They found that Hugh had hit the right nail on the head when he hazarded that opinion, for the agent was just finishing some sort of notice, using a piece of chalk to write it. Several other people came hurrying over to learn what it might be, so that the nucleus of a crowd quickly gathered there.
Just as the boys expected, after having picked up the shreds of information from the sounder inside the ticket office, it was an announcement that was destined to add considerable gloom to the already sinking hearts of those who lived in and around Lawrence, the isolated little flood city.
“Owing to serious washouts above and below Lawrence, all train service has had to be abandoned until further notice!”
“That settles it,” said Billy, rubbing his chin with thumb and forefinger in a way he had when pondering over anything. “We’re in it up to our necks.”
“Oh! I hope not—yet,” Hugh told him. “You’re only going to have that wish you made so recklessly, gratified.
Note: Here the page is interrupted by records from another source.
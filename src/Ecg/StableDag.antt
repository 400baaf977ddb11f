-- ===== src/Ecg/StableDag.antt =====
-- The crate `daggy` as ossa-core/src/store/ecg.rs uses it: what its documentation says of each call of
-- `StableDag`. The crate is not part of the repository, so the graph of headers takes it as a parameter.
-- A node index is a number. Lists of neighbours come in an order that is not stated.
use ossa.Prelude.{
  ℕ, ◌≡◌, ◌≢◌, false, ◌&&◌, ◌||◌, Option, none, some, List, [], map, ◌==◌, if◌then◌else◌, All,
  contains, nat_ord,
}

pub record Dag (HeaderId : Type 0) : Type 1 where
  pub Graph : Type 0
  pub empty : Graph
  pub node_weight : Graph → ℕ → Option HeaderId
  pub parents : Graph → ℕ → List ℕ
  pub children : Graph → ℕ → List ℕ
  -- the graph with a node of that weight, and the index of the node
  pub add_node : Graph → HeaderId → Graph × ℕ
  -- `none` where an edge would close a cycle; the graph is as before then
  pub add_edges : Graph → List (ℕ × ℕ) → Option Graph
  pub node_weight-empty : (j : ℕ) → node_weight empty j ≡ none
  pub add_node_fresh : (g : Graph) (w : HeaderId) → node_weight g (add_node g w).1 ≡ none
  pub node_weight-add_node :
      (g : Graph) (w : HeaderId) (j : ℕ)
      → node_weight (add_node g w).0 j ≡ (if j == (add_node g w).1 then some w else node_weight g j)
  pub parents-add_node :
      (g : Graph) (w : HeaderId) (j : ℕ)
      → parents (add_node g w).0 j ≡ (if j == (add_node g w).1 then [] else parents g j)
  pub children-add_node :
      (g : Graph) (w : HeaderId) (j : ℕ)
      → children (add_node g w).0 j ≡ (if j == (add_node g w).1 then [] else children g j)
  -- Edges into a node with no children, from other nodes of the graph, close no cycle.
  pub add_edges_into :
      (g : Graph) (ps : List ℕ) (n : ℕ)
      → children g n ≡ []
      → node_weight g n ≢ none
      → All (λ p. ((p == n) ≡ false) × (node_weight g p ≢ none)) ps
      → (g' : Graph) × (add_edges g (map (λ p. (p, n)) ps) ≡ some g')
        × ((j : ℕ) → node_weight g' j ≡ node_weight g j)
        × ((j k : ℕ)
            → contains k (parents g' j) ≡ (contains k (parents g j) || (j == n && contains k ps)))
        × ((j k : ℕ)
            → contains k (children g' j) ≡ (contains k (children g j) || (k == n && contains j ps)))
After this I’d advise you to think twice before you say things like that, Billy. But here we are, and the only thing that worries me is that the folks at home will be distressed.”
“We might get a message through still, if the wires haven’t all been carried down with the embankment. Let’s make the try, Hugh.”
As the suggestion also appealed to the patrol leader, they once more entered the station. Fortunately the agent had not taken it upon himself to shut up shop and go home simply because there would be no more trains along in either direction that day. As long as the wires were working, he would have to stick to his post.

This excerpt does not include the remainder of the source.